Transformersona?  'Formersona?  Mechasona?  Seems a bit awkward, but most transformers aren't animalistic, and fursona doesn't seem relevant unless one is talking about Beast Wars or one of the animal cassettes.  Actually it would be better if the term included things that aren't technically transformers, such as gobots or voltron.  I just want to know what term I should use to refer to this kind of 'sona and spark the least argument, lol.


----------



## ryanleblanc (Dec 22, 2011)

Call it whatever you want.

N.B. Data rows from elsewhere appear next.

-- ===== src/Taiconv/Converted.antt =====
-- What main of srvctl/src/taiconv.c prints, whichever way it reads its input.
use ngim.Base.{
  ℕ, ◌≡◌, Bool, true, false, Option, none, some, List, inl, inr, Bool-cases, ◌⊎◌, ◌==◌, ◌&&◌, not,
  refl, if-ind,
}
use ngim.Cmdline.{Str, Parsed, index}
use ngim.Priv
use ngim.Priv.{
  Process, Host, dropped, failed, priv_none, priv_setcaps, drop_caps, drop_user, priv_drop,
}
use ngim.Priv.Dropped.{IsDropped, priv_drop-IsDropped}
use ngim.Taiconv.{Clock}
use ngim.Taiconv.Read.{is_empty}
use ngim.Taiconv.SameAll.{convert_mmap_all-convert_read_all}
use ngim.Taiconv.SameLines.{convert_mmap_nrm-convert_read_nrm}
use ngim.Taiconv.Main.{
  arg_file, taiconv_parse, Choice, validate_cmdline, Formats, clock_for, Source, World, source_of,
  printed, opens, finish, if_dropped, unprivileged_run, mmap_converted, read_converted,
  convert_mmap, convert_read, or_read, main_valid, main_parsed, main,
}

same_converted :
    (clock : Clock) (all : Bool) (w : World) (s : List ℕ)
    → is_empty s ≡ false
    → (out : List ℕ) × (read_converted clock all w s ≡ some out)
      × (mmap_converted clock all w s ≡ some out)
same_converted clock true w s h = convert_mmap_all-convert_read_all clock s h
same_converted clock false w s h = convert_mmap_nrm-convert_read_nrm clock s h

-- Both functions can open it.
abbrev pub CanOpen : Option Str → Source → Type 0
CanOpen file source = (opens file source.mmap_opens ≡ true) × (opens file source.read_opens ≡ true)

-- Without a user or a group, ngim_priv_drop returns, and changes nothing where it fails.
unprivileged-cases :
    (h : Host) (p : Process)
    → ((p' : Process) × (priv_drop h priv_none none none p ≡ dropped p'))
      ⊎ (priv_drop h priv_none none none p ≡ failed p)
unfolding priv_drop drop_user drop_caps priv_setcaps
unprivileged-cases h p =
    let P : Priv.Result → Type 0 = λ r. ((p' : Process) × (r ≡ dropped p')) ⊎ (r ≡ failed p) in
    if-ind P (p.uid == 0)
      (λ _.
        if-ind P (not (h.can_prctl && h.can_init)) (λ _. inr refl)
          (λ _. if-ind P h.can_set_proc (λ _. inl (_, refl)) (λ _. inr refl)))
      (λ _. inl (p, refl))

-- The credentials are those that ngim_priv_drop leaves where it returns 0, and else the ones from
-- before.
abbrev pub IsUnprivileged : Host → Process → Process → Type 0
IsUnprivileged h p p' =
    ((priv_drop h priv_none none none p ≡ dropped p') × IsDropped h priv_none none none p p')
    ⊎ ((priv_drop h priv_none none none p ≡ failed p) × (p' ≡ p))

module _ (clock : Clock) (all : Bool) (w : World) where
  unprivileged_run-printed :
      (out : List ℕ)
      → (p : Process) × (unprivileged_run clock all w (some out) ≡ printed out p)
        × IsUnprivileged w.host w.process p
  unfolding unprivileged_run if_dropped finish
  unprivileged_run-printed out = elim (unprivileged-cases w.host w.process) [
    | inl (p, d) ↦ (p, rw d, inl (d, priv_drop-IsDropped w.host priv_none none none w.process p d))
    | inr d ↦ (w.process, rw d, inr (d, refl))
  ]

  or_read-printed :
      (file : Option Str)
      → CanOpen file (source_of w file)
      → is_empty (source_of w file).content ≡ false
      → (out : List ℕ) × (p : Process) × (read_converted clock all w (source_of w file).content
          ≡ some out)
        × (or_read clock all w file (convert_mmap clock all w file) ≡ printed out p)
        × IsUnprivileged w.host w.process p
  unfolding or_read convert_mmap convert_read
  or_read-printed file (mm, rd) h =
      let (out, read, mapped) = same_converted clock all w (source_of w file).content h in
      let (p, run, credentials) = unprivileged_run-printed out in
      elim (Bool-cases (source_of w file).mapped) [
        | inl m ↦ (out, p, read, rw (mm, m, mapped, run), credentials)
        | inr m ↦ (out, p, read, rw (mm, m, rd, read, run), credentials)
      ]

-- On a command line that is accepted, an input that can be opened and is not empty is printed to
-- its end as the buffered conversion prints it, whether it can be mapped to memory or not, and
-- whether the privileges could be dropped or not. Where ngim_priv_drop returns 0 the process has
-- what that promises, and else the credentials that it had.
pub main-IsConverted :
    (f : Formats) (w : World) (argv : List Str) (i : ℕ) (parsed : Parsed) (choice : Choice)
    → taiconv_parse argv ≡ (index i, parsed)
    → validate_cmdline parsed.selected ≡ some choice
    → CanOpen (parsed.vars arg_file) (source_of w (parsed.vars arg_file))
    → is_empty (source_of w (parsed.vars arg_file)).content ≡ false
    → (out : List ℕ) × (p : Process) × (read_converted
          (clock_for f choice)
          choice.all
          w
          (source_of w (parsed.vars arg_file)).content
        ≡ some out)
      × (main f w argv ≡ printed out p)
      × IsUnprivileged w.host w.process p
unfolding main main_parsed main_valid
main-IsConverted f w argv i parsed choice accepted valid opened h =
    rw (accepted, valid)
      (or_read-printed (clock_for f choice) choice.all w (parsed.vars arg_file) opened h)
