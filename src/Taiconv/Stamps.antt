-- ===== src/Taiconv/Stamps.antt =====
-- What convert_read_all of srvctl/src/taiconv.c does to a label in the middle of a text.
use mathlib.Core.Option
use ngim.Base.{
  ℕ, zero, suc, ◌+◌, ◌/◌, ◌%◌, ◌≤◌, ◌<◌, ◌≡◌, inl, inr, refl, ◌∙◌, true, false, some, List, [], ◌∷◌,
  ◌++◌, append-nil, append_assoc, ◌==◌, leb, length, arith, le→leb, Bool-cases, Option-cases, All,
  ==_iff, lt→==_false, length-append, drop,
}
use ngim.Base.Tables.{passes_below, passes_below_at}
use ngim.Tai.{Tain, IsLabel, tain_format_size}
use ngim.Tai.Bytes.{tain_pack}
use ngim.Tai.Text.{nibble_to_hex, format_digits, format_textual, tain_format}
use ngim.Tai.RoundTrip.{tain_unformat-tain_format, length-tain_pack}
use ngim.Tai.Apr.{tain_to_apr}
use ngim.Taiconv.{Clock, convert_buffer, tain_result, is_hex_nibble, blank}
use ngim.Taiconv.SameAll.{hex_ne_at}
use ngim.Taiconv.Read.{
  flush_rest, convert_or_copy, too_long, after_too_long, flush_sequence, read_all_step,
  read_all_loop, convert_read_all,
}

nibble_to_hex-is_hex_nibble_table : passes_below 16 (λ n. is_hex_nibble (nibble_to_hex n)) ≡ true
unfolding passes_below is_hex_nibble nibble_to_hex
nibble_to_hex-is_hex_nibble_table = refl

is_hex_nibble-nibble_to_hex : (n : ℕ) → n < 16 → is_hex_nibble (nibble_to_hex n) ≡ true
is_hex_nibble-nibble_to_hex n h =
    passes_below_at 16 (λ k. is_hex_nibble (nibble_to_hex k)) n nibble_to_hex-is_hex_nibble_table h

abbrev IsHex : List ℕ → Type 0
IsHex s = All (λ c. is_hex_nibble c ≡ true) s

format_digits-IsHex : (p : List ℕ) → IsHex (format_digits p)
unfolding format_digits
format_digits-IsHex [] = tt
format_digits-IsHex (b ∷ p) = (
  is_hex_nibble-nibble_to_hex (b / 16 % 16) (omega arith),
  (is_hex_nibble-nibble_to_hex (b % 16) (omega arith), format_digits-IsHex p),
)

pub length-format_digits : (p : List ℕ) → length (format_digits p) ≡ length p + length p
unfolding format_digits
length-format_digits [] = refl
length-format_digits (b ∷ p) = omega (arith, length-format_digits p)

drop_all {ℓ} : {A : Type ℓ} (n : ℕ) (s : List A) → length s ≡ n → drop n s ≡ []
drop_all zero [] h = refl
drop_all zero (c ∷ s) h = absurd (omega arith)
drop_all (suc n) [] h = refl
drop_all (suc n) (c ∷ s) h = drop_all n s (omega arith)

-- A text with no `@` in it.
abbrev pub IsPlain : List ℕ → Type 0
IsPlain s = All (λ c. (c == b'@') ≡ false) s

module _ (clock : Clock) where
  open clock use {apr, format}

  -- The text printed before makes no difference to what follows.
  read_all_loop-append :
      (s o out textual : List ℕ)
      → read_all_loop clock (o ++ out) textual s
        ≡ Option.map (λ r. o ++ r) (read_all_loop clock out textual s)
  unfolding read_all_loop
  read_all_loop-append [] o out textual =
      elim (Bool-cases (leb (length textual) tain_format_size)) [
        | inl e ↦ rw (e, append_assoc o out (flush_rest clock textual))
        | inr e ↦ rw e
      ]
  read_all_loop-append (c ∷ s) o out textual =
      elim (Bool-cases (leb (length textual) tain_format_size)) [
        | inr e ↦ rw e
        | inl e ↦ elim (Option-cases (read_all_step clock textual c)) [
          | inl stop ↦ rw (e, stop)
          | inr ((printed, textual'), next) ↦
              rw (e, next, append_assoc o out printed)
                (read_all_loop-append s o (out ++ printed) textual')
        ]
      ]

  read_all_loop-IsPlain :
      (s rest out : List ℕ)
      → IsPlain s
      → read_all_loop clock out [] (s ++ rest) ≡ read_all_loop clock (out ++ s) [] rest
  unfolding read_all_loop read_all_step
  read_all_loop-IsPlain [] rest out h = rw append-nil
  read_all_loop-IsPlain (c ∷ s) rest out (hc, h) =
      rw hc (read_all_loop-IsPlain s rest (out ++ (c ∷ [])) h ∙ rw (append_assoc out (c ∷ []) s))

  read_all_loop-IsHex :
      (s rest out ds : List ℕ)
      → IsHex s
      → suc (length ds) + length s ≤ tain_format_size
      → read_all_loop clock out (b'@' ∷ ds) (s ++ rest)
        ≡ read_all_loop clock out (b'@' ∷ (ds ++ s)) rest
  unfolding read_all_loop read_all_step
  read_all_loop-IsHex [] rest out ds hex h = rw append-nil
  read_all_loop-IsHex (c ∷ s) rest out ds (hc, hex) h =
      rw
        (
          le→leb (suc (length ds)) tain_format_size (omega arith),
          hc,
          lt→==_false (suc (length ds)) tain_format_size (omega arith),
          append-nil,
        )
        (read_all_loop-IsHex s rest out (ds ++ (c ∷ [])) hex
            (omega (arith, length-append ds (c ∷ [])))
          ∙ rw (append_assoc ds (c ∷ []) s))

  length-tain_format : (t : Tain) → length (tain_format t) ≡ tain_format_size
  unfolding tain_format format_textual
  length-tain_format t = omega (arith, length-format_digits (tain_pack t), length-tain_pack t)

  convert_buffer-tain_format :
      (t : Tain)
      → IsLabel t
      → convert_buffer clock (tain_format t) ≡ some (format (tain_to_apr apr t), [])
  unfolding convert_buffer tain_result
  convert_buffer-tain_format t h = rw (
    length-tain_format t,
    rw append-nil at (tain_unformat-tain_format t blank [] h),
    drop_all tain_format_size (tain_format t) (length-tain_format t),
  )

  -- The round after a full buffer that was converted: the byte goes the way it would have gone.
  after_full :
      (s out ds r : List ℕ)
      → suc (length ds) ≡ tain_format_size
      → convert_buffer clock (b'@' ∷ ds) ≡ some (r, [])
      → read_all_loop clock out (b'@' ∷ ds) s ≡ read_all_loop clock (out ++ r) [] s
  unfolding read_all_loop read_all_step flush_rest convert_or_copy too_long after_too_long
      flush_sequence
  after_full [] out ds r full e = rw (
    le→leb (suc (length ds)) tain_format_size (omega arith),
    e,
    convert_or_copy,
    append-nil,
    append-nil,
  )
  after_full (c ∷ s) out ds r full e = elim (Bool-cases (is_hex_nibble c)) [
    | inl hex ↦ rw (
      le→leb (suc (length ds)) tain_format_size (omega arith),
      hex,
      (==_iff (suc (length ds)) tain_format_size).1 full,
      e,
      too_long,
      hex_ne_at c hex,
      append_assoc out r (c ∷ []),
    )
    | inr other ↦ elim (Bool-cases (c == b'@')) [
      | inl at_sign ↦ rw (
        le→leb (suc (length ds)) tain_format_size (omega arith),
        other,
        e,
        flush_sequence,
        at_sign,
        (==_iff c b'@').0 at_sign,
        append-nil,
        append-nil,
      )
      | inr copied ↦ rw (
        le→leb (suc (length ds)) tain_format_size (omega arith),
        other,
        e,
        flush_sequence,
        copied,
        append_assoc out r (c ∷ []),
      )
    ]
  ]

  enter_label :
      (t : Tain) (out after : List ℕ)
      → read_all_loop clock out [] (tain_format t ++ after)
        ≡ read_all_loop clock out (b'@' ∷ []) (format_digits (tain_pack t) ++ after)
  unfolding read_all_loop read_all_step tain_format format_textual
  enter_label t out after = rw append-nil

  read_label :
      (t : Tain) (out after : List ℕ)
      → IsLabel t
      → read_all_loop clock out (b'@' ∷ []) (format_digits (tain_pack t) ++ after)
        ≡ read_all_loop clock (out ++ format (tain_to_apr apr t)) [] after
  unfolding tain_format format_textual
  read_label t out after h =
      read_all_loop-IsHex (format_digits (tain_pack t)) after out []
        (format_digits-IsHex (tain_pack t))
        (omega (arith, length-format_digits (tain_pack t), length-tain_pack t))
      ∙ after_full after out (format_digits (tain_pack t)) (format (tain_to_apr apr t))
          (length-tain_format t) (convert_buffer-tain_format t h)

  -- With --all a valid TAI64N label is replaced by its time, the text without `@` before it is
  -- copied, and what follows the label, whatever it is, is converted as it would be on its own.
  pub convert_read_all-tain_format :
      (t : Tain) (before after : List ℕ)
      → IsLabel t
      → IsPlain before
      → convert_read_all clock (before ++ (tain_format t ++ after))
        ≡ Option.map
            (λ out. before ++ (format (tain_to_apr apr t) ++ out))
            (convert_read_all clock after)
  unfolding convert_read_all
  convert_read_all-tain_format t before after h plain =
      let time = format (tain_to_apr apr t) in
      read_all_loop-IsPlain before (tain_format t ++ after) [] plain
      ∙ enter_label t before after
      ∙ read_label t before after h
      ∙ (rw append-nil at (read_all_loop-append after (before ++ time) [] []))
      ∙ simp append_assoc
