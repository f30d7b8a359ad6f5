-- ===== src/Taiconv/Examples.antt =====
-- srvctl/src/taiconv.c on small inputs.
use mathlib.Core.Option
use ngim.Base.{
  ℕ, ◌+◌, ◌*◌, ◌/◌, ◌%◌, ◌≡◌, refl, true, false, none, some, codes, List, [], ◌∷◌, ◌++◌, arith,
}
use ngim.Tai.{Tain}
use ngim.Tai.Text.{tain_format, format_textual}
use ngim.Tai.Apr.{AprTime, tain_to_apr}
use ngim.Taiconv.{Clock}
use ngim.Taiconv.Read.{convert_read_all, convert_read_nrm}
use ngim.Taiconv.Mmap.{convert_mmap_all, convert_mmap_nrm}
use ngim.Taiconv.SameAll.{convert_mmap_all-convert_read_all}
use ngim.Taiconv.SameLines.{convert_mmap_nrm-convert_read_nrm}
use ngim.Taiconv.Stamps.{convert_read_all-tain_format}
use ngim.Cmdline.{
  Str, Parsed, set_var, parse_left, parse_args, refuse_extra, set_arg, cmdline_parse, after_params,
  parse_params, round, mark_param, find_param, str_eq, mark_arg,
}
use ngim.Taiconv.Converted.{IsUnprivileged, main-IsConverted}
use ngim.Priv.{Host, Process}
use ngim.Taiconv.Main.{
  arg_file, taiconv_parse, validate_cmdline, Choice, Formats, Source, World, printed, clock_for,
  read_converted, main,
}

abbrev counted : AprTime
counted = record {
  Time = ℕ;
  time_sec = λ a. a / 1000000;
  time_usec = λ a. a % 1000000;
  time_from_sec = λ s. s * 1000000;
  time_make = λ s u. s * 1000000 + u;
  time_sec-time_make = λ s u hs hu. omega arith;
  time_usec-time_make = λ s u hs hu. omega arith;
  time_from_sec-time_make = λ s hs. omega arith;
}

-- A format that prints the last digit of the seconds.
abbrev last_digit : ℕ → List ℕ
last_digit a = (b'0' + a / 1000000 % 10) ∷ b'Z' ∷ []

abbrev clock : Clock
clock = record { apr = counted; format = last_digit }

abbrev stamp : Tain
stamp = record { sec = record { x = 0x4000000042ac1735 }; nano = 0x2a3248c4 }

-- A line with a label and one without.
abbrev text : List ℕ
text = tain_format stamp ++ (b' ' ∷ b'x' ∷ 10 ∷ b'@' ∷ b'y' ∷ [])

convert_mmap_all-convert_read_all_example :
    (out : List ℕ) × (convert_read_all clock (b'@' ∷ b'4' ∷ b'@' ∷ []) ≡ some out)
    × (convert_mmap_all clock (b'@' ∷ b'4' ∷ b'@' ∷ []) ≡ some out)
convert_mmap_all-convert_read_all_example =
    convert_mmap_all-convert_read_all clock (b'@' ∷ b'4' ∷ b'@' ∷ []) refl

convert_mmap_nrm-convert_read_nrm_example :
    (out : List ℕ) × (convert_read_nrm clock (b'@' ∷ b'4' ∷ 10 ∷ b'@' ∷ []) ≡ some out)
    × (convert_mmap_nrm clock (b'@' ∷ b'4' ∷ 10 ∷ b'@' ∷ []) ≡ some out)
convert_mmap_nrm-convert_read_nrm_example =
    convert_mmap_nrm-convert_read_nrm clock (b'@' ∷ b'4' ∷ 10 ∷ b'@' ∷ []) refl

convert_read_all-tain_format_example :
    convert_read_all clock ((b'a' ∷ b' ' ∷ []) ++ (tain_format stamp ++ (b'@' ∷ b'0' ∷ [])))
    ≡ Option.map
        (λ out. (b'a' ∷ b' ' ∷ []) ++ (last_digit (tain_to_apr counted stamp) ++ out))
        (convert_read_all clock (b'@' ∷ b'0' ∷ []))
convert_read_all-tain_format_example =
    convert_read_all-tain_format clock stamp (b'a' ∷ b' ' ∷ []) (b'@' ∷ b'0' ∷ []) (omega arith)
      (refl, (refl, tt))

abbrev formats : Formats
formats = record { apr = counted; utc_format = last_digit; local_format = last_digit }

abbrev source : Source
source = record { content = text; mmap_opens = true; read_opens = true; mapped = false }

abbrev host : Host
host = record {
  user = λ s. none;
  group = λ s. none;
  can_setgroups = true;
  can_setgid = true;
  can_setuid = true;
  regains = false;
  can_prctl = true;
  can_init = true;
  can_set_permitted = true;
  can_set_effective = true;
  can_set_proc = true;
}

abbrev root : Process
root = record { uid = 0; gid = 0; groups = []; caps = 0 }

abbrev world : World
world = record { stdin = source; files = λ name. source; host = host; process = root }

-- taiconv -a f
abbrev command_line : List Str
command_line = codes "t" ∷ codes "-a" ∷ codes "f" ∷ []

abbrev parsed : Parsed
parsed = record { selected = 8; vars = set_var (λ _. none) arg_file (codes "f") }

abbrev choice : Choice
choice = record { utc = false; all = true }

main-IsConverted_example :
    (out : List ℕ) × (p : Process) × (read_converted (clock_for formats choice) true world text
      ≡ some out)
    × (main formats world command_line ≡ printed out p)
    × IsUnprivileged host root p
unfolding taiconv_parse cmdline_parse after_params parse_params round mark_param find_param str_eq
    mark_arg parse_left parse_args refuse_extra set_arg validate_cmdline tain_format format_textual
main-IsConverted_example =
    main-IsConverted formats world command_line 0 parsed choice refl refl (refl, refl) refl
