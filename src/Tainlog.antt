-- ===== src/Tainlog.antt =====
-- The lines of srvctl/src/tainlog.c: readline, format_tainlog and the loop of tainlog. What is
-- appended to the log is a list of buffers; the files behind it are in the module Files.
pub mod Lossless
pub mod Options
pub mod Files
pub mod Oldest
pub mod Archive
pub mod Rotation
pub mod Main
pub mod Kept
mod Examples
mod MainExamples
use mathlib.Core.Option
use ngim.Base.{
  ℕ, zero, suc, ◌+◌, ◌-◌, Bool, true, false, Option, none, some, List, [], ◌∷◌, ◌++◌, not, ◌==◌,
  if◌then◌else◌,
}
use ngim.Tai.{Tain, tain_format_size}
use ngim.Tai.Text.{tain_format}

-- What apr_file_getc comes to before the end of the input: a char, with the time of its reading, or
-- a failure.
pub data Input : Type 0 where
  char : Tain → ℕ → Input
  failed : Input

-- What readline leaves: the bytes from `start` up to `*pos`, what is left of the input, and
-- `flag_eof`.
pub record Read : Type 0 where
  pub line : List ℕ
  pub left : List Input
  pub eof : Bool

abbrev pub newline : ℕ
newline = 10

abbrev pub prepend : ℕ → Read → Read
prepend c r = record r { line = c ∷ r.line }

-- The loop of readline, where `more` chars fit into the buffer after the next one.
unfoldable pub read_loop : ℕ → List Input → Read
read_loop more [] = record { line = []; left = []; eof = true }
read_loop more (failed ∷ input) = read_loop more input
read_loop zero (char now c ∷ input) = record { line = c ∷ []; left = input; eof = false }
read_loop (suc more) (char now c ∷ input) =
    let further = read_loop more input in
    if c == newline then record { line = c ∷ []; left = input; eof = false } else prepend c further

-- The `*stamp` that readline leaves.
unfoldable pub read_stamp : Tain → List Input → Tain
read_stamp stamp [] = stamp
read_stamp stamp (failed ∷ input) = read_stamp stamp input
read_stamp stamp (char now c ∷ input) = now

abbrev pub buffer_start : ℕ
buffer_start = 26

-- readline(buffer, &len, BUFFER_START, bufsize - 1, &stamp). The sizes that validate_cmdline accepts
-- are 60 at least, so the assertion `start < len` holds.
unfoldable pub readline : ℕ → List Input → Read
readline bufsize input = read_loop (bufsize - 1 - buffer_start - 1) input

abbrev pub ends_line : List ℕ → Bool
ends_line [] = false
ends_line (c ∷ []) = c == newline
ends_line (c ∷ d ∷ cs) = ends_line (d ∷ cs)

-- format_tainlog, for the line after BUFFER_START: the buffer, and the new `*wrapped`.
unfoldable pub format_tainlog : Tain → Bool → List ℕ → List ℕ × Bool
format_tainlog stamp wrapped line = (
  tain_format stamp
      ++ ((if wrapped then b'\t' else b' ')
          ∷ (line ++ (if ends_line line then [] else newline ∷ []))),
  not (ends_line line),
)

abbrev pub log_line : Tain → Bool → List ℕ → List (List ℕ) × Bool
log_line stamp wrapped [] = ([], wrapped)
log_line stamp wrapped (c ∷ cs) =
    let (buffer, wrapped') = format_tainlog stamp wrapped (c ∷ cs) in (buffer ∷ [], wrapped')

-- The loop of tainlog: the buffers that it appends, and `wrapped` at the end. `none` means that the
-- fuel ran out.
unfoldable pub tainlog_loop : ℕ → ℕ → Tain → Bool → List Input → Option (List (List ℕ) × Bool)
tainlog_loop zero bufsize stamp wrapped input = none
tainlog_loop (suc fuel) bufsize stamp wrapped input =
    let r = readline bufsize input in
    let stamp' = read_stamp stamp input in
    let (out, wrapped') = log_line stamp' wrapped r.line in
    let rest = tainlog_loop fuel bufsize stamp' wrapped' r.left in
    if r.eof then some (out, wrapped') else Option.map (λ p. (out ++ p.0, p.1)) rest
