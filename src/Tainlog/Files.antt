-- ===== src/Tainlog/Files.antt =====
-- The files of srvctl/src/tainlog.c: opening, closing, archiving and pruning. The file FILE_CURRENT
-- stands apart from the other entries of the directory. What APR answers is an argument.
use mathlib.Core.Option
use ngim.Base.{
  ℕ, zero, suc, ◌+◌, ◌-◌, Bool, true, false, Option, none, some, List, [], ◌∷◌, ◌++◌, ◌&&◌, ◌||◌,
  not, ltb, ◌==◌, length, take, if◌then◌else◌,
}
use ngim.Tai.{Tain, tain_format_size}
use ngim.Tai.Text.{tain_format}
use ngim.Tai.Order.{lex_less}
use ngim.Cmdline.{Str, str_eq, char_at}

pub record File : Type 0 where
  pub regular : Bool
  pub content : List ℕ

pub record Entry : Type 0 where
  pub name : Str
  pub file : File

-- The static variables `current` (whether it is not NULL) and `current_size`, with the directory:
-- FILE_CURRENT, and the other entries in the order that apr_dir_read gives them.
pub record Log : Type 0 where
  pub opened : Bool
  pub size : ℕ
  pub current : Option File
  pub entries : List Entry

-- Which calls succeed; of a write that fails, how many bytes were written.
pub record Answers : Type 0 where
  pub can_stat : Bool
  pub can_open : Bool
  pub can_lock : Bool
  pub can_rename : Bool
  pub written : Option ℕ
  pub can_open_dir : ℕ → Bool
  pub can_remove : ℕ → Bool

-- A failed apr_stat of FILE_CURRENT, or what it finds.
abbrev pub find_current : Answers → Log → Option (Option File)
find_current a l = if a.can_stat then some l.current else none

-- open_tainlog after apr_stat, lock_tainlog with it.
unfoldable pub open_found : Answers → Log → Option (Option File) → Log
open_found a l none = l
open_found a l (some none) =
    if a.can_open
    then record l { opened = a.can_lock; current = some (record { regular = true; content = [] }) }
    else l
open_found a l (some (some f)) =
    if not f.regular
    then l
    else if a.can_open
    then record l { opened = a.can_lock; size = length f.content }
    else l

-- open_tainlog
unfoldable pub open_tainlog : Answers → Log → Log
open_tainlog a l =
    let l0 : Log = record l { size = 0 } in
    if l.opened then l else open_found a l0 (find_current a l0)

-- The directory without the first entry of this name.
unfoldable pub unlink : Str → List Entry → List Entry
unlink name [] = []
unlink name (e ∷ es) = let rest = unlink name es in if str_eq e.name name then es else e ∷ rest

-- A rename of FILE_CURRENT, over what has the name.
unfoldable pub rename_current : Str → Log → Option File → Log
rename_current name l none = l
rename_current name l (some f) = record l {
  current = none;
  entries = unlink name l.entries ++ (record { name = name; file = f } ∷ []);
}

-- close_tainlog. A rename of a file that is not there fails.
unfoldable pub close_tainlog : Answers → Tain → Log → Log
close_tainlog a stamp l =
    let l' : Log = record l { opened = false } in
    if a.can_rename then rename_current (tain_format stamp) l' l.current else l'

-- "Count the number of log files"
unfoldable pub is_log : Entry → Bool
is_log e = e.file.regular && (char_at e.name 0 == b'@' && length e.name == tain_format_size)

-- The loop over the directory in flush_archive: `files` and `oldest`.
unfoldable pub find_oldest : List Entry → ℕ → Str → ℕ × Str
find_oldest [] files oldest = (files, oldest)
find_oldest (e ∷ es) files oldest =
    find_oldest es (if is_log e then files + 1 else files)
      (if is_log e && (files == 0 || lex_less e.name oldest) then e.name else oldest)

module _ (a : Answers) where
  -- The outer loop of flush_archive, from the round `i` on; `none` means that the fuel ran out.
  unfoldable pub flush_loop : ℕ → ℕ → ℕ → List Entry → Option (List Entry)
  flush_loop zero i keep es = none
  flush_loop (suc fuel) i keep es =
      let (files, oldest) = find_oldest es 0 [] in
      let es' = unlink oldest es in
      let again = flush_loop fuel (i + 1) keep es' in
      if not (a.can_open_dir i)
      then some es
      else if not (ltb keep files)
      then some es
      else if not (a.can_remove i)
      then some es
      else if ltb keep (files - 1)
      then again
      else some es'

  -- flush_archive; `none` is a negative number. Every round but the last removes an entry.
  unfoldable pub flush_archive : Option ℕ → List Entry → Option (List Entry)
  flush_archive none es = some es
  flush_archive (some keep) es = flush_loop (suc (length es)) 0 keep es

-- The bytes of the buffer that are written: of a failed write, the first of them.
abbrev pub written_part : Answers → List ℕ → List ℕ
written_part a buffer = elim a.written [ none ↦ buffer | some n ↦ take n buffer ]

unfoldable pub write_to : List ℕ → Option File → Option File
write_to bytes none = none
write_to bytes (some f) = some (record f { content = f.content ++ bytes })

-- append_tainlog after open_tainlog.
unfoldable pub write_tainlog : Answers → List ℕ → Log → Log
unfolding write_to
write_tainlog a buffer l =
    if l.opened
    then record l {
      current = write_to (written_part a buffer) l.current;
      size = l.size + length (written_part a buffer);
    }
    else l

-- "If current is full, archive it"
unfoldable pub archive_full : Answers → Option ℕ → Tain → Log → Option Log
unfolding close_tainlog flush_archive
archive_full a keep stamp l =
    let l' : Log = close_tainlog a stamp l in
    Option.map (λ es. record l' { entries = es }) (flush_archive a keep l'.entries)

-- append_tainlog, with `arg_filesize` and `arg_keepnum`.
unfoldable pub append_tainlog : Answers → ℕ → Option ℕ → Tain → List ℕ → Log → Option Log
unfolding archive_full open_tainlog write_tainlog
append_tainlog a filesize keep stamp buffer l =
    Option.map (λ x. write_tainlog a buffer (open_tainlog a x))
      (if ltb filesize (l.size + length buffer) then archive_full a keep stamp l else some l)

I personally would get all technical and call it a "Transformers-based Persona". That would probably be the most appropriate label for it.


----------



## ONEintheinfinite (Dec 23, 2011)

Transona 
Also this reminds me of a comic on DA where a character called Optimus Prime a furry.


----------



## israfur (Dec 23, 2011)

Well a robot IS anthro, but it's not furry. Anthro means human-like, and furry is kind of a slang word for anthro -more specifically referring to mammals. As scalies refer to reptiles, avians refer to birds, aquatics refer to sea life, ectectect ect. Transformers are not mammals so I would just call it an anthro for now. I dunno, "robot-sona?"


----------



## Ozriel (Dec 23, 2011)

I've seen a few users with mecha-sonas; Robots that look like anthros or Anthros turned into robots. There are also a few users with beat wars fursonas.


----------



## LizardKing (Dec 23, 2011)

FYI a gay homeless robot after a lobotomy is a homohoborobolobosona.


----------